I need to build up approx. 30mm so that when I lay tiles we match the level of an adjacent room.
The room area is approx. 10m2 and I intend to do this myself by mixing sand and cement in a barrow and pouring into 4 equal quarters on the floor that have temporary 30mm thick battens around each area. This will allow me to level off and work at a pace that allows easy mixing and pouring of mix, etc. After 4 areas have set, I will remove battens and fill in gaps.........will this idea work?
Also:
1. what cement / sand ratio should I use?
2. will Bondcrete work in getting mix to stick to existing slab?
3. do I need to reinforce 30mm thick screed with chicken wire or similar?
4. how much water should mix have to prevent shrinking and cracking? 
cheers  :Smilie:

----------


## stevoh741

In the past I've used: 4 river bed sand : 1 cement. Mix till just damp ie squeeze it in your fist and stays clumped together. bondcrete a good idea as well - follow directions on tin. Wheelbarrow it in then roughly screed and trowel flat. Make sure you direct fall around your floor wastes. Saw a friends bathroom done recently by a dodgy tiler and the water missed the shower waste, went out on to the main floor missed the main floor waste and ran out under the door.
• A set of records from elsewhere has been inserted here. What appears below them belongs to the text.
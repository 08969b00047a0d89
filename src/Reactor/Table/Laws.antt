-- ===== src/Reactor/Table/Laws.antt =====
-- The table of EpollReactor as a map from descriptors to addresses, and the store of stubs.
use vpn_service_android.Common.{
  ℕ, ◌<◌, ◌≡◌, refl, List, [], ◌∷◌, ◌++◌, Option, none, some, Bool, false, ◌||◌, ◌==◌,
  if◌then◌else◌, All, arith,
}
use vpn_service_android.Reactor.Table.{Table, find, insert, erase, store, free_all}

-- Every key of the table is above `k`.
abbrev pub Above : ℕ → Table → Type 0
Above k t = All (λ e. k < e.0) t

abbrev pub IsOrdered : Table → Type 0
IsOrdered [] = Unit
IsOrdered ((k, a) ∷ t) = Above k t × IsOrdered t

abbrev pub has : ℕ → List ℕ → Bool
has a [] = false
has a (b ∷ xs) = a == b || has a xs

pub has-append : (a b : ℕ) (xs : List ℕ) → has a (xs ++ b ∷ []) ≡ (a == b || has a xs)
has-append a b [] = refl
has-append a b (x ∷ xs) = ground (arith, has-append a b xs)

Above-lower : (j k : ℕ) (t : Table) → j < k → Above k t → Above j t
Above-lower j k [] l h = tt
Above-lower j k (e ∷ t) l h = (omega (arith, h.0), Above-lower j k t l h.1)

insert-Above : (j fd a : ℕ) (t : Table) → j < fd → Above j t → Above j (insert fd a t)
unfolding insert
insert-Above j fd a [] l h = (l, tt)
insert-Above j fd a ((k, b) ∷ t) l h = ground (arith, insert-Above j fd a t l h.1)

erase-Above : (j fd : ℕ) (t : Table) → Above j t → Above j (erase fd t)
unfolding erase
erase-Above j fd [] h = tt
erase-Above j fd ((k, b) ∷ t) h = ground (arith, erase-Above j fd t h.1)

pub find-Above : (fd : ℕ) (t : Table) → Above fd t → find fd t ≡ none
unfolding find
find-Above fd [] h = refl
find-Above fd ((k, a) ∷ t) h = ground (arith, find-Above fd t h.1)

pub find-insert :
    (fd a j : ℕ) (t : Table)
    → find fd t ≡ none
    → find j (insert fd a t) ≡ (if fd == j then some a else find j t)
unfolding find insert
find-insert fd a j [] h = refl
find-insert fd a j ((k, b) ∷ t) h = ground (arith, find-insert fd a j t)

pub find-erase :
    (fd j : ℕ) (t : Table)
    → IsOrdered t
    → find j (erase fd t) ≡ (if fd == j then none else find j t)
unfolding find erase
find-erase fd j [] h = ground arith
find-erase fd j ((k, b) ∷ t) h = ground (arith, find-erase fd j t h.1, find-Above k t h.0)

pub insert-IsOrdered :
    (fd a : ℕ) (t : Table) → find fd t ≡ none → IsOrdered t → IsOrdered (insert fd a t)
unfolding find insert
insert-IsOrdered fd a [] e h = (tt, tt)
insert-IsOrdered fd a ((k, b) ∷ t) e h =
    ground (arith, insert-IsOrdered fd a t, Above-lower fd k t, insert-Above k fd a t)

pub erase-IsOrdered : (fd : ℕ) (t : Table) → IsOrdered t → IsOrdered (erase fd t)
unfolding erase
erase-IsOrdered fd [] h = tt
erase-IsOrdered fd ((k, b) ∷ t) h = ground (arith, erase-IsOrdered fd t h.1, erase-Above k fd t h.0)

module _ {ℓ} {A : Type ℓ} where
  pub free_all_lem :
      (xs : List ℕ) (h : ℕ → Option A) (a : ℕ) → free_all xs h a ≡ (if has a xs then none else h a)
  unfolding free_all store
  free_all_lem [] h a = refl
  free_all_lem (x ∷ xs) h a = ground (arith, free_all_lem xs (store h x none) a)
Needless to say the fully paid dodgy tiler was no longer contactable....
You shouldn't need chickenwire.

----------


## col5555

Have a look on youtube search "how to tile @ grout part 2" by tile wizards. There is some handy hints.
It's a video re slab prep,mixing,screeding.
It is recommended to put down a cement slurry as well before placing your mix.

----------